▼
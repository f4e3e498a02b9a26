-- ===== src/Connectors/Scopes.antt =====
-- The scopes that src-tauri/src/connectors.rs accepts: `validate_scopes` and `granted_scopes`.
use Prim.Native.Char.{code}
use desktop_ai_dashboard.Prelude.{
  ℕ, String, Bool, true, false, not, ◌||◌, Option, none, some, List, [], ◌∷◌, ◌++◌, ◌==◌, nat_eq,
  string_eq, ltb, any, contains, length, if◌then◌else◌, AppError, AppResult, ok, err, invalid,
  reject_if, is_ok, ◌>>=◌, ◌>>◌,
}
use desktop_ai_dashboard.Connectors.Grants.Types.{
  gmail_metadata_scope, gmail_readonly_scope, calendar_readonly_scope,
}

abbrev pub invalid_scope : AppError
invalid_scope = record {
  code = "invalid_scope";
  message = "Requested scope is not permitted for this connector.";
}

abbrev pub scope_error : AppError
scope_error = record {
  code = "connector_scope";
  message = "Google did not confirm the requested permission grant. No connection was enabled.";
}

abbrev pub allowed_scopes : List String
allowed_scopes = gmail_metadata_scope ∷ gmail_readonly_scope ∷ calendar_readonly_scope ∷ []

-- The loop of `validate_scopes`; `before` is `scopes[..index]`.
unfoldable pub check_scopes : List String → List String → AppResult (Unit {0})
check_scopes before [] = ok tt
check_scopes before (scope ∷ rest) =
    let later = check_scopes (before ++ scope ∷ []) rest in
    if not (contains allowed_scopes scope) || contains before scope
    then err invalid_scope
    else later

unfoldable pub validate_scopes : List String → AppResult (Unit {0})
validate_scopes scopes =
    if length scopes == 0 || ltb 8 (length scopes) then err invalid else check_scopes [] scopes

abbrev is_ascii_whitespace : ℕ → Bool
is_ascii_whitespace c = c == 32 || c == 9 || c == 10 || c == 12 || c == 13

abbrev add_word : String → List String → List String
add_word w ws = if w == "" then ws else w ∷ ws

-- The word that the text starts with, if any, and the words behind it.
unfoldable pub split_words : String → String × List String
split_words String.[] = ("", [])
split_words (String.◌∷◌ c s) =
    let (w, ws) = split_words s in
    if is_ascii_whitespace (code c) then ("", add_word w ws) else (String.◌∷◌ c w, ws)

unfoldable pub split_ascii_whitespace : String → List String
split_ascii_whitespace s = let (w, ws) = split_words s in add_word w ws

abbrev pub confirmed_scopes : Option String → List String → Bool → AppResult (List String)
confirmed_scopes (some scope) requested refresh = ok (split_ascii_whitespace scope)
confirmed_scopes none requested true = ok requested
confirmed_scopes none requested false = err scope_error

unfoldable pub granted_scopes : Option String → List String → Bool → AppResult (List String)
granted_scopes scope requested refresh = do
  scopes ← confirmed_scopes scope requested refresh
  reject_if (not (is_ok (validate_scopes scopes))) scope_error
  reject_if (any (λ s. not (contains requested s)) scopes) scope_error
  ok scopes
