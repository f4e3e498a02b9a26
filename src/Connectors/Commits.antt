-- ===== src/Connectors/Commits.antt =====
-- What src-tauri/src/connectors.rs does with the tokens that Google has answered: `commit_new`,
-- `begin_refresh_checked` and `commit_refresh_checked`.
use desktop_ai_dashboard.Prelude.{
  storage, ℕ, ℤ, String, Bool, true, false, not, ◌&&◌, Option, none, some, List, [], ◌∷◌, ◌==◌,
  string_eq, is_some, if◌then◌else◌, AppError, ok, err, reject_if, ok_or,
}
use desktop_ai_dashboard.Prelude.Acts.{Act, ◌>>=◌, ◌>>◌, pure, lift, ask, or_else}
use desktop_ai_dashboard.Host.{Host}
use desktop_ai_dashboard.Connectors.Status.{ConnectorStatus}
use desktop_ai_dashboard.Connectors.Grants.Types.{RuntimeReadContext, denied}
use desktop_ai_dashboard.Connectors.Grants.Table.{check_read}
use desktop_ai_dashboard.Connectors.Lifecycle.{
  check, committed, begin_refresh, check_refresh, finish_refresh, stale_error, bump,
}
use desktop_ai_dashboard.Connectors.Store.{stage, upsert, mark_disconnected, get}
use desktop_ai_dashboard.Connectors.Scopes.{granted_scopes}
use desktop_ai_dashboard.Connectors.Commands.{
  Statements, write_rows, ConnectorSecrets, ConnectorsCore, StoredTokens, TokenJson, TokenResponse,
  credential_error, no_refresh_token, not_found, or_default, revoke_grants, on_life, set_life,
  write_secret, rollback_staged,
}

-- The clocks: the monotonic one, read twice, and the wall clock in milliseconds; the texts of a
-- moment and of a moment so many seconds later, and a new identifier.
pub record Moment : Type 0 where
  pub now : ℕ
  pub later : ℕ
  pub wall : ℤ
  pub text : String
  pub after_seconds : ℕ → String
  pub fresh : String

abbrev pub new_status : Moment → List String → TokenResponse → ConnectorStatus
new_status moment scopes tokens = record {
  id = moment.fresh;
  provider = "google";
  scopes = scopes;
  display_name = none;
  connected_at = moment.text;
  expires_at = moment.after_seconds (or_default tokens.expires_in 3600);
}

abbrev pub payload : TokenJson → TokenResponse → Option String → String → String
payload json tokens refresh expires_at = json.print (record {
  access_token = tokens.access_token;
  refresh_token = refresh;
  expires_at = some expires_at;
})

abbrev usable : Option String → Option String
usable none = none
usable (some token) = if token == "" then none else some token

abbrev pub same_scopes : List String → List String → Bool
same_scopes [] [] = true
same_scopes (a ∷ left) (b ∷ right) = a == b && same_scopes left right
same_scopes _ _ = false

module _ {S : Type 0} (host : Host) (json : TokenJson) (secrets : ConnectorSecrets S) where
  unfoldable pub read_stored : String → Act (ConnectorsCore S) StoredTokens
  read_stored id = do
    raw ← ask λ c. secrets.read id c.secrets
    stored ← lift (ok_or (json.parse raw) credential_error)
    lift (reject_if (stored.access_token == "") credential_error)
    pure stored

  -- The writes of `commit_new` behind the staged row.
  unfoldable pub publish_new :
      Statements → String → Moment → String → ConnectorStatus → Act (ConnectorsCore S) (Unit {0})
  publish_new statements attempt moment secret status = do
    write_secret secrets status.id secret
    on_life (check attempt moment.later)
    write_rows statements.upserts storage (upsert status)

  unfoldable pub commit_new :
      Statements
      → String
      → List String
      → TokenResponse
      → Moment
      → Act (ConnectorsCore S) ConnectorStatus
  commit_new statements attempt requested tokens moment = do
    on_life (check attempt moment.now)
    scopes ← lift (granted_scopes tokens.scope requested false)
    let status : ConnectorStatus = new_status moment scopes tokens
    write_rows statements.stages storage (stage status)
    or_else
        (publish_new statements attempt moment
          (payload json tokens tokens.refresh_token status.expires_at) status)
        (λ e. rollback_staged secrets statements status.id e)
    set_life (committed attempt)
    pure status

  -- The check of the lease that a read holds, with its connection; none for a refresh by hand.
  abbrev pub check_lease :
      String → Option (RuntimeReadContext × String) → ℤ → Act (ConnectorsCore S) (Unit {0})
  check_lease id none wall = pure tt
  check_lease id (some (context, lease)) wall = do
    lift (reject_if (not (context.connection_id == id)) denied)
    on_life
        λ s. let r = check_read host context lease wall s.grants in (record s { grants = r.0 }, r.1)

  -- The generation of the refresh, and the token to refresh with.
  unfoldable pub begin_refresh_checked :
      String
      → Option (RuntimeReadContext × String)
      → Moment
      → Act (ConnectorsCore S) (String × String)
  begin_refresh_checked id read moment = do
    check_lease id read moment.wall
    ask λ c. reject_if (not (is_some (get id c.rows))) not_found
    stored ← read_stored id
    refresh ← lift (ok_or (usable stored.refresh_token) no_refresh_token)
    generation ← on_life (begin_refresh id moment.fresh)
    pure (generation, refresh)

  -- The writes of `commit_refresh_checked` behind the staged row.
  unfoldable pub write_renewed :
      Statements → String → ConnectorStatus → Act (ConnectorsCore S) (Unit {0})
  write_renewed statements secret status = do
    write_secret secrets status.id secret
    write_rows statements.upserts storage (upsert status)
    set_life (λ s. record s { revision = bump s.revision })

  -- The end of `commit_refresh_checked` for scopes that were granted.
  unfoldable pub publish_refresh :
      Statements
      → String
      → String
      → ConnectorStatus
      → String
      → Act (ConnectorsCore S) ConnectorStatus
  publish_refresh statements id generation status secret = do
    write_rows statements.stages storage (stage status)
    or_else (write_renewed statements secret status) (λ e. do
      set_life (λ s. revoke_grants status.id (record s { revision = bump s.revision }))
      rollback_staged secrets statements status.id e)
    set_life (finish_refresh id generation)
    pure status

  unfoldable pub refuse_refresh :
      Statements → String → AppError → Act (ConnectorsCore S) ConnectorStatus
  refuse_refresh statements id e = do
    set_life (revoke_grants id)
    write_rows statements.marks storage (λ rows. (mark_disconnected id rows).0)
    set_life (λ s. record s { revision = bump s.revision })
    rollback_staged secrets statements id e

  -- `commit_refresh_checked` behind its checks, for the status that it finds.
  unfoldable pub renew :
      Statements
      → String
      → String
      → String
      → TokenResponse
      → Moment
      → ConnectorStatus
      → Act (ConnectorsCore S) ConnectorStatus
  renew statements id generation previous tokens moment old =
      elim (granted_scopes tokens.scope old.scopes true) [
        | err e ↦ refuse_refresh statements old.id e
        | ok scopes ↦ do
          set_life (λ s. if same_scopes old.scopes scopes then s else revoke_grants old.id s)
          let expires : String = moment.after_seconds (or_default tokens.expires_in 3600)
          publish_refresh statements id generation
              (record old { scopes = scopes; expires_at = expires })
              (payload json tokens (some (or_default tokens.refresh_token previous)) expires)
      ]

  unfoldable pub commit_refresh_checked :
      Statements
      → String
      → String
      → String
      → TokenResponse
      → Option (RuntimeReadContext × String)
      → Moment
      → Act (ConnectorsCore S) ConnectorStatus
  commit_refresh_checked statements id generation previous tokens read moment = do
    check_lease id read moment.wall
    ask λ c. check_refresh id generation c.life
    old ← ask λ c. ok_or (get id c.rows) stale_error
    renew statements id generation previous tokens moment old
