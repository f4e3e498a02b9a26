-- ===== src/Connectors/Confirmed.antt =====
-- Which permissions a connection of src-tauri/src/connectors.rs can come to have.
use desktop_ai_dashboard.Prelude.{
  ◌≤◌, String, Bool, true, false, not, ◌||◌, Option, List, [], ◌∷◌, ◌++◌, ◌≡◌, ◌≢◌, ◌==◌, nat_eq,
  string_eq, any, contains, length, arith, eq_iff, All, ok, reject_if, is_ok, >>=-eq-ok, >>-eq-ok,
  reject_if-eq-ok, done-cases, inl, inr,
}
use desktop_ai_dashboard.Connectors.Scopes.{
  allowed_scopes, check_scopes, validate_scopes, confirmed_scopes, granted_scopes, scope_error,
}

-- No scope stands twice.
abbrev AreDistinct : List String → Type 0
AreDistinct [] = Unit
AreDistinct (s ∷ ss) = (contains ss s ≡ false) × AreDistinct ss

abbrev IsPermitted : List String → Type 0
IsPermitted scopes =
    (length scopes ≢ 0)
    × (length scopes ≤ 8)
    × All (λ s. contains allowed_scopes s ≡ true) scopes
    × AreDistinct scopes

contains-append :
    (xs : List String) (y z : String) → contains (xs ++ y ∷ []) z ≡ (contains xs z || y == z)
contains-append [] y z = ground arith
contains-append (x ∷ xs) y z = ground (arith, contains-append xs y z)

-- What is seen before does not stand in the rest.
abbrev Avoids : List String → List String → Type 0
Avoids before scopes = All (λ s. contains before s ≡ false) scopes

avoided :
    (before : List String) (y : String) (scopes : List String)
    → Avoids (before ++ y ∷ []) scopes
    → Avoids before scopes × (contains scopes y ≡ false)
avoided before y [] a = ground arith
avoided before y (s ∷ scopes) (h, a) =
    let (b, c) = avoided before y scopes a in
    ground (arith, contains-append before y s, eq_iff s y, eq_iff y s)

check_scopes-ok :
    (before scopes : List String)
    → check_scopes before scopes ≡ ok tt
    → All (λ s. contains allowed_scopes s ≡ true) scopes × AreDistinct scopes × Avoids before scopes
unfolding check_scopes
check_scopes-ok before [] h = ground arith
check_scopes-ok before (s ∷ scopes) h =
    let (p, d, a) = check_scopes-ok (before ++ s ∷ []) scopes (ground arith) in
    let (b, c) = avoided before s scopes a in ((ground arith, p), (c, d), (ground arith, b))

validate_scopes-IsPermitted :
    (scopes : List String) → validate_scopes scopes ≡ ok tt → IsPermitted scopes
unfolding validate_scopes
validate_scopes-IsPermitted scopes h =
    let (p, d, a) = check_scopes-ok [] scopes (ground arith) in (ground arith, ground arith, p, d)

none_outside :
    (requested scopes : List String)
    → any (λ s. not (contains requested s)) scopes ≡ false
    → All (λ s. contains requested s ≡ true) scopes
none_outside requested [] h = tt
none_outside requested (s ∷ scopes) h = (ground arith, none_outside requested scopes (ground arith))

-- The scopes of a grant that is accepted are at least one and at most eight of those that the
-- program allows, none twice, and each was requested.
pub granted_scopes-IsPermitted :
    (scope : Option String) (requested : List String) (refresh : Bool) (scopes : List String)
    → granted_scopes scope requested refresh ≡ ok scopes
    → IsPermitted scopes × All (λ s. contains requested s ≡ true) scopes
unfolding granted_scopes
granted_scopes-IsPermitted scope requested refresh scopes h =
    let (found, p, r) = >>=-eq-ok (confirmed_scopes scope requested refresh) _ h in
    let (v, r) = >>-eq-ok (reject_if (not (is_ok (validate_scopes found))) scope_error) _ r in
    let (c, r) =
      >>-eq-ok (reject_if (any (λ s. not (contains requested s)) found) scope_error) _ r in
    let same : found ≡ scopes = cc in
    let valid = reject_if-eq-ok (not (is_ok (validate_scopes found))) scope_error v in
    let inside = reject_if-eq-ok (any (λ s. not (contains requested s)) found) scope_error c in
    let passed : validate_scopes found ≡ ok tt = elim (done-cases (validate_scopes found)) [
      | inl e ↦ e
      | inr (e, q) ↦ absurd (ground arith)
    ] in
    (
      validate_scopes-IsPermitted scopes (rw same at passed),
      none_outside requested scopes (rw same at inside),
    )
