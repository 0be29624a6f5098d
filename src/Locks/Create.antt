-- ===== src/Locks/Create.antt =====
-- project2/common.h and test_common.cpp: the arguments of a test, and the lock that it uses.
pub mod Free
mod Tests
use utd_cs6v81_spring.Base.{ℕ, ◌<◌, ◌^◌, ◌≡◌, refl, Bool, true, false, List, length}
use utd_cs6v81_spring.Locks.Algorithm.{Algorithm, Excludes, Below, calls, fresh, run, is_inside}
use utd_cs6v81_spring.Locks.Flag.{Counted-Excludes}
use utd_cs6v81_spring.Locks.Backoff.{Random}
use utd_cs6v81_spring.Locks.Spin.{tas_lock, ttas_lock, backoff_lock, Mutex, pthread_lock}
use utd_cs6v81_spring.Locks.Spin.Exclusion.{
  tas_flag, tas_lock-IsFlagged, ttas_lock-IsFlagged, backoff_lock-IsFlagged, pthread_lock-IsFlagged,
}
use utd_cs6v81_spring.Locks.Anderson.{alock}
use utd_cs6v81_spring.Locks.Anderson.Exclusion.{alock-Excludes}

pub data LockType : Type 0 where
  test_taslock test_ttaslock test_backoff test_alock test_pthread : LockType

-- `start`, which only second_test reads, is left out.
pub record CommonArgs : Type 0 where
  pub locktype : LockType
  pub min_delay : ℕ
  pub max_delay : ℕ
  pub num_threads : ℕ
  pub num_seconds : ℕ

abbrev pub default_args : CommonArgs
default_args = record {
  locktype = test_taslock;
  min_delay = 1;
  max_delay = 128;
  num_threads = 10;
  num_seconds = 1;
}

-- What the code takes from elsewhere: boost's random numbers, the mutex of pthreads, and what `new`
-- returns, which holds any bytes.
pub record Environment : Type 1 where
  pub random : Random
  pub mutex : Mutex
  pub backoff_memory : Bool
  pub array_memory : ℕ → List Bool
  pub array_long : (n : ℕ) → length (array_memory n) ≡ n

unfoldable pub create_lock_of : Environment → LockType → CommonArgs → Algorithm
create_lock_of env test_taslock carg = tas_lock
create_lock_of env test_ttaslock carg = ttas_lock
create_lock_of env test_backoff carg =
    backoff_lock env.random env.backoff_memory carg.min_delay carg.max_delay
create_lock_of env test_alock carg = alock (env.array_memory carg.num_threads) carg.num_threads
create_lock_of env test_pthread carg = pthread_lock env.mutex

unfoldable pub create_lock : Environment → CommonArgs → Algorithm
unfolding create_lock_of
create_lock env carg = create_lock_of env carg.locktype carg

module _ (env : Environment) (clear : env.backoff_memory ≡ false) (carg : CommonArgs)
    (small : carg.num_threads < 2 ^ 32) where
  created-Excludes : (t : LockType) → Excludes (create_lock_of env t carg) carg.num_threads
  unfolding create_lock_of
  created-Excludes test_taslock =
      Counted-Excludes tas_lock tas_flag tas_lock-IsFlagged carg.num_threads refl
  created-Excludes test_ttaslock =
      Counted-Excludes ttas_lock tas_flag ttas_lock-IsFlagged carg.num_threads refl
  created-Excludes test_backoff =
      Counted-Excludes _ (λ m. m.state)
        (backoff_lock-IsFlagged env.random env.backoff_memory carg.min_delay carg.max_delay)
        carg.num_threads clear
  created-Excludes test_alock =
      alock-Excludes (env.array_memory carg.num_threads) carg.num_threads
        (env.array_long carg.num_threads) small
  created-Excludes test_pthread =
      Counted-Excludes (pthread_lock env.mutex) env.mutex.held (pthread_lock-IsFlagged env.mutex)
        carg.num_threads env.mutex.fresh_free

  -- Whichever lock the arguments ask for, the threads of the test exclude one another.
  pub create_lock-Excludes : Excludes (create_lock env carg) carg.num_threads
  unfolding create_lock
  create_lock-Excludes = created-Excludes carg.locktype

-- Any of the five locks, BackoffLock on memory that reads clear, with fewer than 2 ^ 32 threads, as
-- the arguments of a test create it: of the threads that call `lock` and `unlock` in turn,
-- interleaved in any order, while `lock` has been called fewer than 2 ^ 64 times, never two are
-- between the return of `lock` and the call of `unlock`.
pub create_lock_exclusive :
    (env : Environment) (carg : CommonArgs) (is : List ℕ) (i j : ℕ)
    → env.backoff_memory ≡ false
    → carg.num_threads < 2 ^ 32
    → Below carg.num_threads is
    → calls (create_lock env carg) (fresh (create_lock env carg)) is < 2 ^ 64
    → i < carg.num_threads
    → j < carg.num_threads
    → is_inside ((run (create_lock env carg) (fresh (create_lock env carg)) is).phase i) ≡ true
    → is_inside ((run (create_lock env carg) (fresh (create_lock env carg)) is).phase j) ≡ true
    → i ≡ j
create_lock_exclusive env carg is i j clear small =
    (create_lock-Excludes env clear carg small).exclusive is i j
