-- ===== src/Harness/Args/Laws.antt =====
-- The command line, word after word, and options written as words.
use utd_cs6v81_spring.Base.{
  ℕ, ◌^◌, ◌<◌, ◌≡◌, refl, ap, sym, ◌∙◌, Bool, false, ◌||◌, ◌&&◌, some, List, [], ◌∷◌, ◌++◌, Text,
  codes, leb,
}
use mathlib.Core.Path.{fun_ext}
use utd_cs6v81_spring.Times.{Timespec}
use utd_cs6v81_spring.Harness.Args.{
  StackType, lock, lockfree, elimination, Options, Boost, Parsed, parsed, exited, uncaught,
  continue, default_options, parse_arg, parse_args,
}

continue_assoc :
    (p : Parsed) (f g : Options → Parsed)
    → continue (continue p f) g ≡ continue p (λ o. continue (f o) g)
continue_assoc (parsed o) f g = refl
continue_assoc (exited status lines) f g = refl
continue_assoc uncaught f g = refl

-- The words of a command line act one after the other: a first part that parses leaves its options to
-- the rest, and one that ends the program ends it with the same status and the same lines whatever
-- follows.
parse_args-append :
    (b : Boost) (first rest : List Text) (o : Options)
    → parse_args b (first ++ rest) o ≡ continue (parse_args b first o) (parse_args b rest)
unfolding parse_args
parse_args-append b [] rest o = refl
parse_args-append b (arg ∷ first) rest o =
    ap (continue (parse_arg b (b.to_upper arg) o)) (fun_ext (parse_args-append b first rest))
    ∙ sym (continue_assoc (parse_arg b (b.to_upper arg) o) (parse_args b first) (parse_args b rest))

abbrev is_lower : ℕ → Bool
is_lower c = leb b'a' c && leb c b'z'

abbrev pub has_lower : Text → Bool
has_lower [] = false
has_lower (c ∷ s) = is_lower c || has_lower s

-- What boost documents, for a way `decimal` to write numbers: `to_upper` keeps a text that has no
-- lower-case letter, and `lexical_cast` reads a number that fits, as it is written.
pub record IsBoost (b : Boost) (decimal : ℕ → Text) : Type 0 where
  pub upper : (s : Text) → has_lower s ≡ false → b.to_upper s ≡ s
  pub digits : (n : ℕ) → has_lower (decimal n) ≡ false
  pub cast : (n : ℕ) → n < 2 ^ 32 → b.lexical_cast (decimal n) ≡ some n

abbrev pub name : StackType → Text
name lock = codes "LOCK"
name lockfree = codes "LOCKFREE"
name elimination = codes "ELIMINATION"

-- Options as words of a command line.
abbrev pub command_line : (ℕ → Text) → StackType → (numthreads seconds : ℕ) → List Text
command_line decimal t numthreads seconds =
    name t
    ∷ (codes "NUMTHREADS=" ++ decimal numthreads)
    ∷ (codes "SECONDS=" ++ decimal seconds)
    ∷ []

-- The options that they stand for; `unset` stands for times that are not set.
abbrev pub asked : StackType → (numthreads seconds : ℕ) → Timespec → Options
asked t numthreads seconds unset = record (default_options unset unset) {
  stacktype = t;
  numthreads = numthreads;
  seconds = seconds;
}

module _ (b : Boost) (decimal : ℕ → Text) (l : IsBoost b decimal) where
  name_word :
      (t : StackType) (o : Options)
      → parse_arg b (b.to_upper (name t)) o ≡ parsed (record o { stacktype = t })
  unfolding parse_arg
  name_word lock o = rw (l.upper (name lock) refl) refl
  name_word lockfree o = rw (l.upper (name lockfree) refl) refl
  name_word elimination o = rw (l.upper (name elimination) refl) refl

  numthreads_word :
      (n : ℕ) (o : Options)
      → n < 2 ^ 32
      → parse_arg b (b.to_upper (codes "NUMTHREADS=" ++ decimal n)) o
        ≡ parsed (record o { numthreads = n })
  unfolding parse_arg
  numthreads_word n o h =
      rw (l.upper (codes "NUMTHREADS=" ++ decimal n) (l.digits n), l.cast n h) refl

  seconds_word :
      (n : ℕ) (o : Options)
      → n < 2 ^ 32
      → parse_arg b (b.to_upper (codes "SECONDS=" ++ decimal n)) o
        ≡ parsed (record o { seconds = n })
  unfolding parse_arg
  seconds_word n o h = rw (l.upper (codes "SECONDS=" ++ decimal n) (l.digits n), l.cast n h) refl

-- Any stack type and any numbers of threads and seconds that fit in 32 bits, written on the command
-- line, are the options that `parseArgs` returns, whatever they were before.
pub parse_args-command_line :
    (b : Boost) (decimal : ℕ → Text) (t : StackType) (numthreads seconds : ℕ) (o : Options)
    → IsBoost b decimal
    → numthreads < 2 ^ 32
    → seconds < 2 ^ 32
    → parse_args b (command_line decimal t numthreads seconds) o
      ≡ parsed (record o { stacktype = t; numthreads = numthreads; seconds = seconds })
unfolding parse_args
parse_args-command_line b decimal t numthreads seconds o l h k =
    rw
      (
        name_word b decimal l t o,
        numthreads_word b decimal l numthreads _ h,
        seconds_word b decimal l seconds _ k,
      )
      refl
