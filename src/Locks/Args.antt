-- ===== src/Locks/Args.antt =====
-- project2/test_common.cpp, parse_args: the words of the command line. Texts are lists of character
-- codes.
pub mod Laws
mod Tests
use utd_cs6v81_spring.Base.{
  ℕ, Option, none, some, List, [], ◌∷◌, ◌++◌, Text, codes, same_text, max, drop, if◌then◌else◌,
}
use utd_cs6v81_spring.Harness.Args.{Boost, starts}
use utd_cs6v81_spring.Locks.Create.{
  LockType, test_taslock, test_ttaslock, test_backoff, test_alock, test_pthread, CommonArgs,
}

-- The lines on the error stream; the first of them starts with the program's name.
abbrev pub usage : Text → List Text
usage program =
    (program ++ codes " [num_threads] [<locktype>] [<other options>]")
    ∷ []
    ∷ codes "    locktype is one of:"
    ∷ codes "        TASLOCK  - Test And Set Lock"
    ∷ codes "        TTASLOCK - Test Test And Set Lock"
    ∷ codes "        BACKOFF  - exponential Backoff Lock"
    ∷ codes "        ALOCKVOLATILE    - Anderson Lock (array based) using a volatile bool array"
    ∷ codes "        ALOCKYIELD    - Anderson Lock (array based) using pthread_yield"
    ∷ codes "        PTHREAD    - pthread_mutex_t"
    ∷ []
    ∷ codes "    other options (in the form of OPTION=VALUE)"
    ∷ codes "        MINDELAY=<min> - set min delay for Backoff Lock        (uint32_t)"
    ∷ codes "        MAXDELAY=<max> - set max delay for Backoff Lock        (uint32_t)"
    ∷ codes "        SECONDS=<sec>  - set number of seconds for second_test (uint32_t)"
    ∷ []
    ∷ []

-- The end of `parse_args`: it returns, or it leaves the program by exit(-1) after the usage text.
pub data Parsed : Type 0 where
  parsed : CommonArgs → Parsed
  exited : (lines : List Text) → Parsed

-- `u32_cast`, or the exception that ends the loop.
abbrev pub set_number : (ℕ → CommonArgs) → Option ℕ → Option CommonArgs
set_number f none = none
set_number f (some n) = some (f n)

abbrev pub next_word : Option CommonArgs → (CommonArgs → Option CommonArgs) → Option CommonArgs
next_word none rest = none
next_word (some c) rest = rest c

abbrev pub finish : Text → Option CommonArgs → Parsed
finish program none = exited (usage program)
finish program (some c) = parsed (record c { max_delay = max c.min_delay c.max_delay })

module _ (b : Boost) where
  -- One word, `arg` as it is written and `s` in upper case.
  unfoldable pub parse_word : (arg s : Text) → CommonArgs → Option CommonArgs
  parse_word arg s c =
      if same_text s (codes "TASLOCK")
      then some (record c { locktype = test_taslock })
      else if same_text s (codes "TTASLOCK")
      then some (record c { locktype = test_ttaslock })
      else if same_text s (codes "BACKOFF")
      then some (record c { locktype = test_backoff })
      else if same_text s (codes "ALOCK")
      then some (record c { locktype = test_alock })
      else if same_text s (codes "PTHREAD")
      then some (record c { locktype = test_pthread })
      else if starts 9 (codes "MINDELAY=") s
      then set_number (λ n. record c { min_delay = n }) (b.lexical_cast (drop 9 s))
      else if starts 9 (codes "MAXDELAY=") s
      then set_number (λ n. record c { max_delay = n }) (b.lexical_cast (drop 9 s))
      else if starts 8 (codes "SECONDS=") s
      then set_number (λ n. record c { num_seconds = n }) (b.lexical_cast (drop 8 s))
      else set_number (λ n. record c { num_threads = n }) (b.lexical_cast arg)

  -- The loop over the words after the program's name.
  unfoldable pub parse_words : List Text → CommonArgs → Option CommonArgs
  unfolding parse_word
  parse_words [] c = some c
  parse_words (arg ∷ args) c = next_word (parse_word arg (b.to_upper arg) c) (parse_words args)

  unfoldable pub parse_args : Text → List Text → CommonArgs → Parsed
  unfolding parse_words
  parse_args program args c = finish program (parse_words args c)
▲
In the entries above, find the line holding "let (found, p, r)" and the line holding "-- ===== src/Locks/Create.antt"; print both of them and every line between, exactly, and nothing else.

    let (found, p, r) = >>=-eq-ok (confirmed_scopes scope requested refresh) _ h in
    let (v, r) = >>-eq-ok (reject_if (not (is_ok (validate_scopes found))) scope_error) _ r in
    let (c, r) =
      >>-eq-ok (reject_if (any (λ s. not (contains requested s)) found) scope_error) _ r in
    let same : found ≡ scopes = cc in
    let valid = reject_if-eq-ok (not (is_ok (validate_scopes found))) scope_error v in
    let inside = reject_if-eq-ok (any (λ s. not (contains requested s)) found) scope_error c in
    let passed : validate_scopes found ≡ ok tt = elim (done-cases (validate_scopes found)) [
      | inl e ↦ e
      | inr (e, q) ↦ absurd (ground arith)
    ] in
    (
      validate_scopes-IsPermitted scopes (rw same at passed),
      none_outside requested scopes (rw same at inside),
    )
repository 0be29624a6f5098d
filename src/Locks/Create.antt
-- ===== src/Locks/Create.antt =====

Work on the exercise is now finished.